Work instructions: Copy out all of the data below with no alterations.

Excerpts from a dataset:

-- ===== src/Base/Throw.antt =====
-- The outcome of a call that may throw.
use mathlib.Core.Path.{◌≡◌, ap}
use mathlib.Core.Logic.{◌↔◌}
use mathlib.Core.Bool.{Bool, true}

-- The errors that a script throws: a member of `null` or `undefined`, a variable that was never
-- assigned, whatever `eval` throws, and a row that a table does not have. `not_one_class` belongs to
-- the model only.
pub data Failure : Type 0 where
  type_error reference_error eval_error index_size_error not_one_class : Failure

pub data Result {ℓ} (A : Type ℓ) : Type ℓ where
  ok : A → Result A
  throws : Failure → Result A

pub ok_iff : {P : Type 0} {b : Bool} → (b ≡ true) ↔ P → (ok b ≡ ok true) ↔ P
ok_iff (to, from) = (λ h. to (cc), λ p. ap ok (from p))
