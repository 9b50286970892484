-- ===== src/Base/Run.antt =====
-- A script's function: it works on a state, and an error that it throws leaves the state as it is by
-- then.
use mathlib.Core.Option.{Option, none, some}
use inroa.Base.Throw.{Result, ok, throws, type_error}

abbrev pub Script : Type 0 → Type 0 → Type 0
Script S A = S → Result A × S

module _ {S : Type 0} where
  abbrev pub resume : {A B : Type 0} → (A → Script S B) → Result A × S → Result B × S
  resume k (ok a, s) = k a s
  resume k (throws f, s) = (throws f, s)

  infixl 5 ◌>>=◌ ◌>>◌
  abbrev pub ◌>>=◌ : {A B : Type 0} → Script S A → (A → Script S B) → Script S B
  ◌>>=◌ m k s = resume k (m s)

  abbrev pub ◌>>◌ : {A B : Type 0} → Script S A → Script S B → Script S B
  ◌>>◌ m n = m >>= λ _. n

  abbrev pub get : Script S S
  get s = (ok s, s)

  abbrev pub modify : (S → S) → Script S Unit
  modify f s = (ok tt, f s)

  abbrev pub done : Script S Unit
  done s = (ok tt, s)

  abbrev pub fail : {A : Type 0} → Script S A
  fail s = (throws type_error, s)

  -- A member of `null` throws.
  abbrev pub some_or_fail : {A : Type 0} → Option A → Script S A
  some_or_fail none = fail
  some_or_fail (some a) = λ s. (ok a, s)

Response to this task:
-- ===== src/Base/Throw.antt =====
-- The outcome of a call that may throw.
use mathlib.Core.Path.{◌≡◌, ap}
use mathlib.Core.Logic.{◌↔◌}
use mathlib.Core.Bool.{Bool, true}

-- The errors that a script throws: a member of `null` or `undefined`, a variable that was never
-- assigned, whatever `eval` throws, and a row that a table does not have. `not_one_class` belongs to
-- the model only.
pub data Failure : Type 0 where
  type_error reference_error eval_error index_size_error not_one_class : Failure

pub data Result {ℓ} (A : Type ℓ) : Type ℓ where
  ok : A → Result A
  throws : Failure → Result A

pub ok_iff : {P : Type 0} {b : Bool} → (b ≡ true) ↔ P → (ok b ≡ ok true) ↔ P
ok_iff (to, from) = (λ h. to (cc), λ p. ap ok (from p))
repository 9b50286970892484
-- ===== src/Base/Run.antt =====
-- A script's function: it works on a state, and an error that it throws leaves the state as it is by
-- then.
use mathlib.Core.Option.{Option, none, some}
use inroa.Base.Throw.{Result, ok, throws, type_error}

abbrev pub Script : Type 0 → Type 0 → Type 0
Script S A = S → Result A × S

module _ {S : Type 0} where
  abbrev pub resume : {A B : Type 0} → (A → Script S B) → Result A × S → Result B × S
  resume k (ok a, s) = k a s
  resume k (throws f, s) = (throws f, s)

  infixl 5 ◌>>=◌ ◌>>◌
  abbrev pub ◌>>=◌ : {A B : Type 0} → Script S A → (A → Script S B) → Script S B
  ◌>>=◌ m k s = resume k (m s)

  abbrev pub ◌>>◌ : {A B : Type 0} → Script S A → Script S B → Script S B
  ◌>>◌ m n = m >>= λ _. n

  abbrev pub get : Script S S
  get s = (ok s, s)

  abbrev pub modify : (S → S) → Script S Unit
  modify f s = (ok tt, f s)

  abbrev pub done : Script S Unit
  done s = (ok tt, s)

  abbrev pub fail : {A : Type 0} → Script S A
  fail s = (throws type_error, s)

  -- A member of `null` throws.
  abbrev pub some_or_fail : {A : Type 0} → Option A → Script S A
  some_or_fail none = fail
  some_or_fail (some a) = λ s. (ok a, s)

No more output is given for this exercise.